Where does the word "after" occur in the entries below? Copy every line that has it.

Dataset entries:
*****

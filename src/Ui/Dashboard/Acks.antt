-- ===== src/Ui/Dashboard/Acks.antt =====
-- How ui/app/main.cpp joins the REST client, the alarm model and the queue of acknowledgements: what
-- is sent when the WebSocket connects, and what a success does.
use forge_sight.Prelude.{
  ◌≡◌, refl, ap, ◌∙◌, Bool, true, false, not, ◌&&◌, ◌||◌, Option, none, some, List, [], ◌∷◌, ◌++◌,
  map, Text, ℤ, int_eq, arith, if◌then◌else◌,
}
use forge_sight.Database.{Run}
use forge_sight.Ui.AlarmModel.{AlarmEntry, acknowledge}
use forge_sight.Ui.AlarmModel.Rows.{lookup_alarm, marked, lookup-acknowledge}
use forge_sight.Ui.ApiClient.{
  Json, ApiClient, HttpRequest, Waiting, latest_readings, all_alarms, all_devices, alarm_ack,
  ApiSignal, bootstrap, acknowledge_alarm,
}
use forge_sight.Ui.ApiClient.Requests.{start}
use forge_sight.Ui.OfflineCache.{CachedDeviceState, Sqlite, OfflineCache, clear_ack, pending_acks}
use forge_sight.Ui.OfflineCache.Acks.{
  AckQueueLaws, clears, has_ack, asked, last_asked, ack_call, ack_calls, pending_acks-last_asked,
}

-- The client after some calls, with what it signals and sends.
abbrev Started : Type 0 → Type 0
Started D = (ApiClient × List (ApiSignal D)) × List (Waiting × HttpRequest)

module _ {D : Type 0} (J : Json D) where
  -- for (qint64 id : pending) apiClient.acknowledgeAlarm(id)
  unfoldable pub flush_acks : List ℤ → ApiClient → Started D
  flush_acks [] c = ((c, []), [])
  flush_acks (id ∷ ids) c =
      let first = start J (acknowledge_alarm id) c in
      let others = flush_acks ids first.0.0 in
      ((others.0.0, first.0.1 ++ others.0.1), first.1 ++ others.1)

  flush_acks-waiting :
      (ids : List ℤ) (c : ApiClient) → map (λ r. r.0) (flush_acks ids c).1 ≡ map alarm_ack ids
  unfolding flush_acks start
  flush_acks-waiting [] c = refl
  flush_acks-waiting (id ∷ ids) c = ap (◌∷◌ (alarm_ack id)) (flush_acks-waiting ids _)

  module _ (S : Sqlite D)
      (walk : List (Text × CachedDeviceState D) → List (Text × CachedDeviceState D)) where
    open S use {World}

    -- The slot of connectedChanged, by what is_connected tells.
    unfoldable pub connected_changed : Bool → OfflineCache D → ApiClient → Run World (Started D)
    unfolding flush_acks
    connected_changed false cache c w = (((c, []), []), w)
    connected_changed true cache c w =
        let begun = start J bootstrap c in
        let pending = pending_acks S walk cache w in
        let flushed = flush_acks pending.0 begun.0.0 in
        (((flushed.0.0, begun.0.1 ++ flushed.0.1), begun.1 ++ flushed.1), pending.1)

    -- The two slots of alarmAckSucceeded.
    unfoldable pub ack_succeeded :
        ℤ → OfflineCache D → List (AlarmEntry D) → Run World (List (AlarmEntry D))
    ack_succeeded id cache alarms w = ((acknowledge id alarms).0, (clear_ack S walk id cache w).1)

    unfoldable pub acks_succeeded :
        List ℤ → OfflineCache D → List (AlarmEntry D) → Run World (List (AlarmEntry D))
    unfolding ack_succeeded
    acks_succeeded [] cache alarms w = (alarms, w)
    acks_succeeded (id ∷ ids) cache alarms w =
        let next = ack_succeeded id cache alarms w in acks_succeeded ids cache next.0 next.1

    marked_twice :
        (a b : Bool) (o : Option (AlarmEntry D))
        → (if b then marked (if a then marked o else o) else (if a then marked o else o))
          ≡ (if a || b then marked o else o)
    marked_twice true true none = refl
    marked_twice true true (some a) = refl
    marked_twice true false o = refl
    marked_twice false b o = refl

    acks_succeeded-lookup :
        (ids : List ℤ) (cache : OfflineCache D) (alarms : List (AlarmEntry D)) (w : World) (j : ℤ)
        → lookup_alarm j (acks_succeeded ids cache alarms w).0
          ≡ (if has_ack j ids then marked (lookup_alarm j alarms) else lookup_alarm j alarms)
    unfolding acks_succeeded has_ack
    acks_succeeded-lookup [] cache alarms w j = refl
    acks_succeeded-lookup (id ∷ ids) cache alarms w j =
        acks_succeeded-lookup ids cache (acknowledge id alarms).0 (clear_ack S walk id cache w).1 j
        ∙ ap (λ o. if has_ack j ids then marked o else o) (lookup-acknowledge id j alarms)
        ∙ marked_twice (int_eq id j) (has_ack j ids) (lookup_alarm j alarms)

    acks_succeeded-calls :
        (ids : List ℤ) (cache : OfflineCache D) (alarms : List (AlarmEntry D)) (w : World)
        → (acks_succeeded ids cache alarms w).1 ≡ ack_calls S walk (map clears ids) cache w
    unfolding acks_succeeded ack_calls ack_call
    acks_succeeded-calls [] cache alarms w = refl
    acks_succeeded-calls (id ∷ ids) cache alarms w = acks_succeeded-calls ids cache _ _

    last_asked-clears :
        (ids : List ℤ) (j : ℤ) (old : Bool)
        → last_asked j (map clears ids) old ≡ (old && not (has_ack j ids))
    unfolding last_asked has_ack
    last_asked-clears [] j old = ground arith
    last_asked-clears (id ∷ ids) j old =
        last_asked-clears ids j (asked j (clears id) old) ∙ ground arith

    connected_changed-sends :
        (cache : OfflineCache D) (c : ApiClient) (w : World)
        → map (λ r. r.0) (connected_changed true cache c w).0.1
          ≡ latest_readings
            ∷ all_alarms
            ∷ all_devices
            ∷ map alarm_ack (pending_acks S walk cache w).0
    unfolding connected_changed start
    connected_changed-sends cache c w =
        ap (λ ids. latest_readings ∷ all_alarms ∷ all_devices ∷ ids)
          (flush_acks-waiting (pending_acks S walk cache w).0 _)

    module _ (laws : AckQueueLaws S) where
      acks_succeeded-pending :
          (ids : List ℤ) (cache : OfflineCache D) (alarms : List (AlarmEntry D)) (w : World) (j : ℤ)
          → cache.is_open ≡ true
          → has_ack j (pending_acks S walk cache (acks_succeeded ids cache alarms w).1).0
            ≡ (has_ack j (pending_acks S walk cache w).0 && not (has_ack j ids))
      acks_succeeded-pending ids cache alarms w j o =
          ap (λ w. has_ack j (pending_acks S walk cache w).0)
            (acks_succeeded-calls ids cache alarms w)
          ∙ pending_acks-last_asked S walk laws (map clears ids) cache w j o
          ∙ last_asked-clears ids j (has_ack j (pending_acks S walk cache w).0)

      -- When the socket connects, the client asks for the readings, the alarms and the devices, and
      -- then sends each acknowledgement that waits, in the queue's order. If the cache is open, then
      -- after any successes an acknowledgement waits if it did before and none of them was for it,
      -- and exactly the alarms of the successes are marked, all others staying as they were.
      pub acks_synced :
          (cache : OfflineCache D) (c : ApiClient) (alarms : List (AlarmEntry D)) (w : World)
          → cache.is_open ≡ true
          → (map (λ r. r.0) (connected_changed true cache c w).0.1
              ≡ latest_readings
                ∷ all_alarms
                ∷ all_devices
                ∷ map alarm_ack (pending_acks S walk cache w).0)
            × ((ids : List ℤ) (j : ℤ)
                → let r = acks_succeeded ids cache alarms w in
                  (has_ack j (pending_acks S walk cache r.1).0
                    ≡ (has_ack j (pending_acks S walk cache w).0 && not (has_ack j ids)))
                  × (lookup_alarm j r.0 ≡ (
                      if has_ack j ids
                      then marked (lookup_alarm j alarms)
                      else lookup_alarm j alarms)))
      acks_synced cache c alarms w o = (
        connected_changed-sends cache c w,
        λ ids j. (
          acks_succeeded-pending ids cache alarms w j o,
          acks_succeeded-lookup ids cache alarms w j,
        ),
      )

*****

_THE COMPLETED TASK_
-- The client after some calls, with what it signals and sends.
      -- after any successes an acknowledgement waits if it did before and none of them was for it,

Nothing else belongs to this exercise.